Optical Methods to Study Protein-DNA Interactions in Vitro and in Living Cells at the Single-Molecule Level.

The maintenance of intact genetic information, as well as the deployment of transcription for specific sets of genes, critically rely on a family of proteins interacting with DNA and recognizing specific sequences or features. The mechanisms by which these proteins search for target DNA are the subject of intense investigations employing a variety of methods in biology. A large interest in these processes stems from the faster-than-diffusion association rates, explained in current models by a combination of 3D and 1D diffusion. Here, we present a review of the single-molecule approaches at the forefront of the study of protein-DNA interaction dynamics and target search in vitro and in vivo. Flow stretch, optical and magnetic manipulation, single fluorophore detection and localization as well as combinations of different methods are described and the results obtained with these techniques are discussed in the framework of the current facilitated diffusion model.

Ultrafast force-clamp spectroscopy of single molecules reveals load dependence of myosin working stroke.
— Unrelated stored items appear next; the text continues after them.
-- ===== src/NeonClone/Moves.antt =====
-- The renames of the directories of the safekeepers, one after the other (tools/neonclone.py).
use text.Mathlib.TextLemmas.{append_cancel_left}
use sunstorm_xactserver.Base.{
  ℕ, ◌+◌, ◌≤◌, ◌<◌, ◌≡◌, ◌≢◌, refl, sym, ◌∙◌, subst, inl, inr, String, false, none, some, List, [],
  ◌∷◌, map, arith, All, ◌==◌, string_eq, if◌then◌else◌, Option-cases, Bool-cases,
}
use sunstorm_xactserver.Base.Dict.{lookup, insert, erase, lookup-insert, lookup-erase}
use sunstorm_xactserver.Base.Number.{show-injective}
use sunstorm_xactserver.Base.Result.{ok}
use sunstorm_xactserver.Base.Text.{show}
use sunstorm_xactserver.NeonClone.{Safekeeper, Files, Dirs, sk_name, rename, rename_all}

sk_name-ne : (m n : ℕ) → m ≢ n → (sk_name m == sk_name n) ≡ false
unfolding sk_name
sk_name-ne m n ne = elim (Bool-cases (sk_name m == sk_name n)) [
  | inl e ↦
      absurd
        (ne (show-injective m n (append_cancel_left "sk" (show m) (show n) (ground (arith, e)))))
  | inr e ↦ e
]

-- What happens to one safekeeper whose new name is free.
abbrev moved : ℕ → Safekeeper → Files → Dirs → Dirs
moved shift sk files dirs =
    insert (sk_name (sk.id + shift)) (erase "safekeeper.id" files)
      (insert (sk_name (sk.id + shift)) files (erase (sk_name sk.id) dirs))

lookup-moved :
    (j : String) (shift : ℕ) (sk : Safekeeper) (files : Files) (dirs : Dirs)
    → lookup j (moved shift sk files dirs) ≡ (
        if j == sk_name (sk.id + shift)
        then some (erase "safekeeper.id" files)
        else if j == sk_name sk.id
        then none
        else lookup j dirs)
lookup-moved j shift sk files dirs = ground (
  arith,
  lookup-insert j (sk_name (sk.id + shift)) (erase "safekeeper.id" files)
      (insert (sk_name (sk.id + shift)) files (erase (sk_name sk.id) dirs)),
  lookup-insert j (sk_name (sk.id + shift)) files (erase (sk_name sk.id) dirs),
  lookup-erase j (sk_name sk.id) dirs,
)

abbrev pub shifted : ℕ → Safekeeper → Safekeeper
shifted shift sk = record sk { id = sk.id + shift }

-- The directories and ids of safekeepers that can be renamed: each has its directory, its new
-- name is free, and the ids are different and in one range that is no wider than the shift.
pub record IsReady (b shift : ℕ) (dirs : Dirs) (sk : Safekeeper) : Type 0 where
  pub above : b < sk.id
  pub below : sk.id ≤ b + shift
  pub files : Files
  pub has_files : lookup (sk_name sk.id) dirs ≡ some files
  pub new_free : lookup (sk_name (sk.id + shift)) dirs ≡ none

abbrev pub DistinctIds : List Safekeeper → Type 0
DistinctIds [] = Unit
DistinctIds (sk ∷ rest) = All (λ other. other.id ≢ sk.id) rest × DistinctIds rest

-- The safekeeper's directory has its new name, without `safekeeper.id`, and the old name is gone.
abbrev pub IsMoved : ℕ → Dirs → Dirs → Safekeeper → Type 0
IsMoved shift dirs dirs' sk =
    (files : Files)
    → lookup (sk_name sk.id) dirs ≡ some files
    → (lookup (sk_name (sk.id + shift)) dirs' ≡ some (erase "safekeeper.id" files))
      × (lookup (sk_name sk.id) dirs' ≡ none)

module _ (b shift : ℕ) where
  IsReady-moved :
      (sk other : Safekeeper) (files : Files) (dirs : Dirs)
      → other.id ≢ sk.id
      → IsReady b shift dirs sk
      → IsReady b shift dirs other
      → IsReady b shift (moved shift sk files dirs) other
  IsReady-moved sk other files dirs ne r h = record {
    above = h.above;
    below = h.below;
    files = h.files;
    has_files =
        lookup-moved (sk_name other.id) shift sk files dirs
        ∙ rw
            (
              sk_name-ne other.id (sk.id + shift) (λ e. omega (arith, h.below, r.above)),
              sk_name-ne other.id sk.id ne,
            )
            h.has_files;
    new_free =
        lookup-moved (sk_name (other.id + shift)) shift sk files dirs
        ∙ rw
            (
              sk_name-ne (other.id + shift) (sk.id + shift) (λ e. ne (omega arith)),
              sk_name-ne (other.id + shift) sk.id (λ e. omega (arith, r.below, h.above)),
            )
            h.new_free;
  }

  all_ready :
      (sk : Safekeeper) (rest : List Safekeeper) (files : Files) (dirs : Dirs)
      → All (λ other. other.id ≢ sk.id) rest
      → IsReady b shift dirs sk
      → All (IsReady b shift dirs) rest
      → All (IsReady b shift (moved shift sk files dirs)) rest
  all_ready sk [] files dirs ne r h = tt
  all_ready sk (other ∷ rest) files dirs (n, ne) r (here, h) =
      (IsReady-moved sk other files dirs n r here, all_ready sk rest files dirs ne r h)

  rename-free :
      (sk : Safekeeper) (files : Files) (dirs : Dirs)
      → IsReady b shift dirs sk
      → rename (sk_name sk.id) (sk_name (sk.id + shift)) files dirs
        ≡ ok (insert (sk_name (sk.id + shift)) files (erase (sk_name sk.id) dirs))
  unfolding rename
  rename-free sk files dirs r =
      rw (sk_name-ne sk.id (sk.id + shift) (λ e. omega (arith, r.above, r.below)), r.new_free)

  -- The directories after all renames.
  abbrev pub after : List Safekeeper → Dirs → Dirs
  after [] dirs = dirs
  after (sk ∷ rest) dirs = elim (lookup (sk_name sk.id) dirs) [
    | none ↦ dirs
    | some files ↦ after rest (moved shift sk files dirs)
  ]

  after-cons :
      (sk : Safekeeper) (rest : List Safekeeper) (files : Files) (dirs : Dirs)
      → lookup (sk_name sk.id) dirs ≡ some files
      → after (sk ∷ rest) dirs ≡ after rest (moved shift sk files dirs)
  after-cons sk rest files dirs e = rw (e, after)

  pub rename_all-after :
      (sks : List Safekeeper) (dirs : Dirs)
      → DistinctIds sks
      → All (IsReady b shift dirs) sks
      → rename_all shift sks dirs ≡ (ok (map (shifted shift) sks), after sks dirs)
  unfolding rename_all
  rename_all-after [] dirs d h = refl
  rename_all-after (sk ∷ rest) dirs (ne, d) (r, h) =
      let later =
        rename_all-after rest (moved shift sk r.files dirs) d
          (all_ready sk rest r.files dirs ne r h) in
      rw
        (
          r.has_files,
          rename_all,
          rename-free sk r.files dirs r,
          later,
          after-cons sk rest r.files dirs r.has_files,
        )
        refl

  abbrev Avoids : String → Safekeeper → Type 0
  Avoids j sk = ((j == sk_name sk.id) ≡ false) × ((j == sk_name (sk.id + shift)) ≡ false)

  -- A name that is no old one and no new one keeps its directory.
  after_keeps :
      (j : String) (sks : List Safekeeper) (dirs : Dirs)
      → All (Avoids j) sks
      → lookup j (after sks dirs) ≡ lookup j dirs
  after_keeps j [] dirs h = refl
  after_keeps j (sk ∷ rest) dirs ((old, new), h) =
      elim (Option-cases (lookup (sk_name sk.id) dirs)) [
        | inl e ↦ rw (e, after)
        | inr (files, e) ↦ rw (after-cons sk rest files dirs e) (
            after_keeps j rest (moved shift sk files dirs) h
            ∙ lookup-moved j shift sk files dirs
            ∙ rw (old, new))
      ]

  Avoids-old :
      (sk : Safekeeper) (rest : List Safekeeper) (dirs : Dirs)
      → All (λ other. other.id ≢ sk.id) rest
      → IsReady b shift dirs sk
      → All (IsReady b shift dirs) rest
      → All (Avoids (sk_name sk.id)) rest
  Avoids-old sk [] dirs ne r h = tt
  Avoids-old sk (other ∷ rest) dirs (n, ne) r (here, h) = (
    (
      sk_name-ne sk.id other.id (λ e. n (sym e)),
      sk_name-ne sk.id (other.id + shift) (λ e. omega (arith, r.below, here.above)),
    ),
    Avoids-old sk rest dirs ne r h,
  )

  Avoids-new :
      (sk : Safekeeper) (rest : List Safekeeper) (dirs : Dirs)
      → All (λ other. other.id ≢ sk.id) rest
      → IsReady b shift dirs sk
      → All (IsReady b shift dirs) rest
      → All (Avoids (sk_name (sk.id + shift))) rest
  Avoids-new sk [] dirs ne r h = tt
  Avoids-new sk (other ∷ rest) dirs (n, ne) r (here, h) = (
    (
      sk_name-ne (sk.id + shift) other.id (λ e. omega (arith, here.below, r.above)),
      sk_name-ne (sk.id + shift) (other.id + shift) (λ e. n (omega arith)),
    ),
    Avoids-new sk rest dirs ne r h,
  )

  -- What is moved in the later directories was there before.
  IsMoved-before :
      (sk : Safekeeper) (rest : List Safekeeper) (files : Files) (dirs dirs' : Dirs)
      → All (λ other. other.id ≢ sk.id) rest
      → IsReady b shift dirs sk
      → All (IsReady b shift dirs) rest
      → All (IsMoved shift (moved shift sk files dirs) dirs') rest
      → All (IsMoved shift dirs dirs') rest
  IsMoved-before sk [] files dirs dirs' ne r h m = tt
  IsMoved-before sk (other ∷ rest) files dirs dirs' (n, ne) r (here, h) (first, m) = (
    λ fs e. first fs (
        lookup-moved (sk_name other.id) shift sk files dirs
        ∙ rw
            (
              sk_name-ne other.id (sk.id + shift) (λ t. omega (arith, here.below, r.above)),
              sk_name-ne other.id sk.id n,
            )
            e),
    IsMoved-before sk rest files dirs dirs' ne r h m,
  )

  pub after-IsMoved :
      (sks : List Safekeeper) (dirs : Dirs)
      → DistinctIds sks
      → All (IsReady b shift dirs) sks
      → All (IsMoved shift dirs (after sks dirs)) sks
  after-IsMoved [] dirs d h = tt
  after-IsMoved (sk ∷ rest) dirs (ne, d) (r, h) =
      let dirs1 = moved shift sk r.files dirs in
      let ready = all_ready sk rest r.files dirs ne r h in
      subst (λ dirs'. All (IsMoved shift dirs dirs') (sk ∷ rest))
        (sym (after-cons sk rest r.files dirs r.has_files))
        (
          λ fs e. (
            after_keeps (sk_name (sk.id + shift)) rest dirs1 (Avoids-new sk rest dirs ne r h)
                ∙ ground (
                  arith,
                  lookup-moved (sk_name (sk.id + shift)) shift sk r.files dirs,
                  e,
                  r.has_files,
                ),
            after_keeps (sk_name sk.id) rest dirs1 (Avoids-old sk rest dirs ne r h)
                ∙ lookup-moved (sk_name sk.id) shift sk r.files dirs
                ∙ rw (sk_name-ne sk.id (sk.id + shift) (λ t. omega (arith, r.above, r.below)))
                    (ground arith),
          ),
          IsMoved-before sk rest r.files dirs _ ne r h (after-IsMoved rest dirs1 d ready),
        )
We describe a dual-trap force-clamp configuration that applies constant loads between a binding protein and an intermittently interacting biological polymer. The method has a measurement delay of only ∼10 µs, allows detection of interactions as brief as ∼100 µs and probes sub-nanometer conformational changes with a time resolution of tens of microseconds. We tested our method on molecular motors and DNA-binding proteins. We could apply constant loads to a single motor domain of myosin before its working stroke was initiated (0.2-1 ms), thus directly measuring its load dependence. We found that, depending on the applied load, myosin weakly interacted (<1 ms) with actin without production of movement, fully developed its working stroke or prematurely detached (<5 ms), thus reducing the working stroke size with load. Our technique extends single-molecule force-clamp spectroscopy and opens new avenues for investigating the effects of forces on biological processes.